■ Exercise:
Search the records for the word "antt" and copy each line in which it appears.

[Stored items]
· · ·

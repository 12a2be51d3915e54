-- ===== src/Engine/Validator/Step.antt =====
-- `validateAndApply` of internal/engine/transfers.go: one transfer against the staged copies.
use aequitas_ledger.Prelude.{ℕ, ◌||◌, ◌==◌, none, some, ok, err, fail_if, if◌then◌else◌}
use aequitas_ledger.Prelude.Exec.{◌>>=◌, ◌>>◌, lift, modify}
use aequitas_ledger.Prelude.Maps.{lookup, insert, contains}
use aequitas_ledger.Core.Uint128.{cmp, is_same, is_zero}
use aequitas_ledger.Core.Errors.{
  duplicate_transfer_id, pending_not_found, zero_amount, self_transfer,
}
use aequitas_ledger.Core.Account.{Account}
use aequitas_ledger.Core.Transfer.{Transfer, is_pending, is_post, is_void}
use aequitas_ledger.Engine.Accounts.{
  get_transfer, pending_entry, check_flags, check_settlement, check_accounts, check_funds,
  subtract_pending_amount, Rewrite, post_debit, post_credit, hold_debit, hold_credit, settle_debit,
  settle_credit, release_debit, release_credit,
}
use aequitas_ledger.Engine.Validator.Staging.{
  Check, get_account, snapshot_account, snapshot_pending, stage, stage_pending,
}

-- The ids of plain and pending transfers are used once, in the batch and in the history.
unfoldable pub claim_id : Transfer → ℕ → Check (Unit {0})
claim_id t index v =
    if contains t.id v.seen_ids
    then (err (duplicate_transfer_id t.id), v)
    else elim (get_transfer v.accounts t.id) [
      | some u ↦ (err (duplicate_transfer_id t.id), v)
      | none ↦ (ok tt, record v { seen_ids = insert t.id index v.seen_ids })
    ]

-- The open hold with an id: the batch's own view of it, or else the manager's.
unfoldable pub find_hold : ℕ → Check Transfer
find_hold id v = elim (lookup id v.pending) [
  | some st ↦ elim st.transfer [ none ↦ (err (pending_not_found id), v) | some p ↦ (ok p, v) ]
  | none ↦ elim (pending_entry v.accounts id) [
    | none ↦ (err (pending_not_found id), v)
    | some e ↦ (ok e.transfer, v)
  ]
]

-- The two sides of a settlement are rewritten one after the other, through pointers that are one if
-- the accounts are.
unfoldable pub settle_sides : ℕ → ℕ → Rewrite → Rewrite → Check (Unit {0})
settle_sides d c f g = do
  _ ← get_account d
  _ ← get_account c
  debit ← get_account d
  debit' ← lift (f debit)
  modify (stage d debit')
  credit ← get_account c
  credit' ← lift (g credit)
  modify (stage c credit')

-- A partial post leaves the rest: it cannot be more than the hold, so `subtract_pending_amount` always
-- subtracts.
unfoldable pub settle : Transfer → Check (Unit {0})
settle t = do
  hold ← find_hold t.id
  amount ← lift (check_settlement hold t)
  modify (snapshot_pending t.id)
  modify (snapshot_account hold.debit_account_id)
  modify (snapshot_account hold.credit_account_id)
  if is_post t
      then (do
        settle_sides hold.debit_account_id hold.credit_account_id (settle_debit amount)
            (settle_credit amount)
        modify (
            stage_pending t.id (
              if is_same (cmp hold.amount amount)
              then none
              else some (subtract_pending_amount hold amount))))
      else (do
        settle_sides hold.debit_account_id hold.credit_account_id (release_debit hold.amount)
            (release_credit hold.amount)
        modify (stage_pending t.id none))

-- The two sides of a new transfer are both computed before either is written.
unfoldable pub write_sides : Transfer → Account → Account → Rewrite → Rewrite → Check (Unit {0})
write_sides t debit credit f g = do
  debit' ← lift (f debit)
  credit' ← lift (g credit)
  modify (stage t.debit_account_id debit')
  modify (stage t.credit_account_id credit')

unfoldable pub enter : Transfer → Check (Unit {0})
enter t = do
  lift (fail_if (is_zero t.amount) zero_amount)
  lift (fail_if (t.debit_account_id == t.credit_account_id) (self_transfer t.debit_account_id))
  modify (snapshot_account t.debit_account_id)
  modify (snapshot_account t.credit_account_id)
  debit ← get_account t.debit_account_id
  credit ← get_account t.credit_account_id
  lift (check_accounts debit credit t)
  lift (check_funds debit t)
  if is_pending t
      then (do
        write_sides t debit credit (hold_debit t.amount) (hold_credit t.amount)
        modify (snapshot_pending t.id)
        modify (stage_pending t.id (some t)))
      else write_sides t debit credit (post_debit t.amount) (post_credit t.amount)

unfoldable pub validate_and_apply : Transfer → ℕ → Check (Unit {0})
validate_and_apply t index = do
  lift (check_flags t)
  if is_post t || is_void t then settle t else (do claim_id t index; enter t)
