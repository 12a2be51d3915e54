-- ===== src/Engine/Validator/Batch.antt =====
-- `ValidateBatch` and `ApplyBatch` of internal/engine/transfers.go. An outcome is an error or none.
use aequitas_ledger.Prelude.{
  ℕ, zero, suc, ◌+◌, Bool, true, false, ◌&&◌, ltb, ◌==◌, Option, none, some, List, [], ◌∷◌, length,
  get_elem?, set, replicate, ok, err, if◌then◌else◌,
}
use aequitas_ledger.Core.Errors.{LedgerError, linked_chain_failed, linked_chain_open}
use aequitas_ledger.Core.Transfer.{Transfer, is_linked}
use aequitas_ledger.Engine.Accounts.{AccountManager, apply_transfer_state}
use aequitas_ledger.Engine.Validator.Staging.{
  BatchValidator, new_batch_validator, begin_chain, rollback_chain,
}
use aequitas_ledger.Engine.Validator.Step.{validate_and_apply}

abbrev pub Outcome : Type 0
Outcome = Option LedgerError

-- `events[i].Transfer.Flags & TransferFlagLinked != 0`; beyond the batch nothing is linked.
unfoldable pub linked_at : List Transfer → ℕ → Bool
linked_at events i = elim (get_elem? events i) [ none ↦ Bool.false | some t ↦ is_linked t ]

-- The last transfer of the chain that passes through `i`, or the last of the batch.
unfoldable pub chain_end : ℕ → List Transfer → ℕ → ℕ
chain_end zero events i = i
chain_end (suc fuel) events i =
    let next = chain_end fuel events (i + 1) in
    if linked_at events i && ltb (i + 1) (length events) then next else i

-- The outcomes from `first` to `last` are replaced.
unfoldable pub set_range : ℕ → ℕ → Outcome → List Outcome → List Outcome
set_range first last o [] = []
set_range zero zero o (x ∷ xs) = o ∷ xs
set_range zero (suc last) o (x ∷ xs) = o ∷ set_range zero last o xs
set_range (suc first) zero o (x ∷ xs) = x ∷ xs
set_range (suc first) (suc last) o (x ∷ xs) = x ∷ set_range first last o xs

-- The chain from `first` to `last` has failed at `i`.
unfoldable pub fail_chain : ℕ → ℕ → ℕ → Transfer → LedgerError → List Outcome → List Outcome
fail_chain first last i t e outcomes =
    set (set_range first last (some (linked_chain_failed t.id i)) outcomes) i (some e)

-- One round of the loop for each chain or transfer.
unfoldable pub validate_from :
    ℕ → List Transfer → ℕ → ℕ → BatchValidator → List Outcome → List Outcome
validate_from zero events i chain_start v outcomes = outcomes
validate_from (suc fuel) events i chain_start v outcomes = elim (get_elem? events i) [
  | none ↦ outcomes
  | some t ↦
      let (r, v') = validate_and_apply t i (if i == chain_start then begin_chain v else v) in
      elim r [
        | err e ↦
            let last = chain_end (length events) events i in
            validate_from fuel events (last + 1) (last + 1) (rollback_chain v')
              (fail_chain chain_start last i t e outcomes)
        | ok u ↦ elim (is_linked t) [
          | false ↦
              validate_from fuel events (i + 1) (i + 1) v' (set_range chain_start i none outcomes)
          | true ↦ elim (i + 1 == length events) [
            | true ↦ fail_chain chain_start i i t (linked_chain_open t.id i) outcomes
            | false ↦ validate_from fuel events (i + 1) chain_start v' outcomes
          ]
        ]
      ]
]

unfoldable pub validate_batch : List Transfer → AccountManager → List Outcome
validate_batch events m =
    validate_from (length events) events 0 0 (new_batch_validator m)
      (replicate (length events) none)

-- The transfers with no error are applied in order; a rejection becomes the outcome.
unfoldable pub apply_batch :
    List Transfer → List Outcome → AccountManager → List Outcome × AccountManager
apply_batch [] outcomes m = (outcomes, m)
apply_batch (t ∷ ts) [] m = ([], m)
apply_batch (t ∷ ts) (some e ∷ os) m = let (os', m') = apply_batch ts os m in (some e ∷ os', m')
apply_batch (t ∷ ts) (none ∷ os) m =
    let (r, m₁) = apply_transfer_state t m in
    let (os', m') = apply_batch ts os m₁ in ((elim r [ ok u ↦ none | err e ↦ some e ]) ∷ os', m')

· · ·

■ Solution to this exercise:
-- ===== src/Engine/Validator/Step.antt =====
-- ===== src/Engine/Validator/Batch.antt =====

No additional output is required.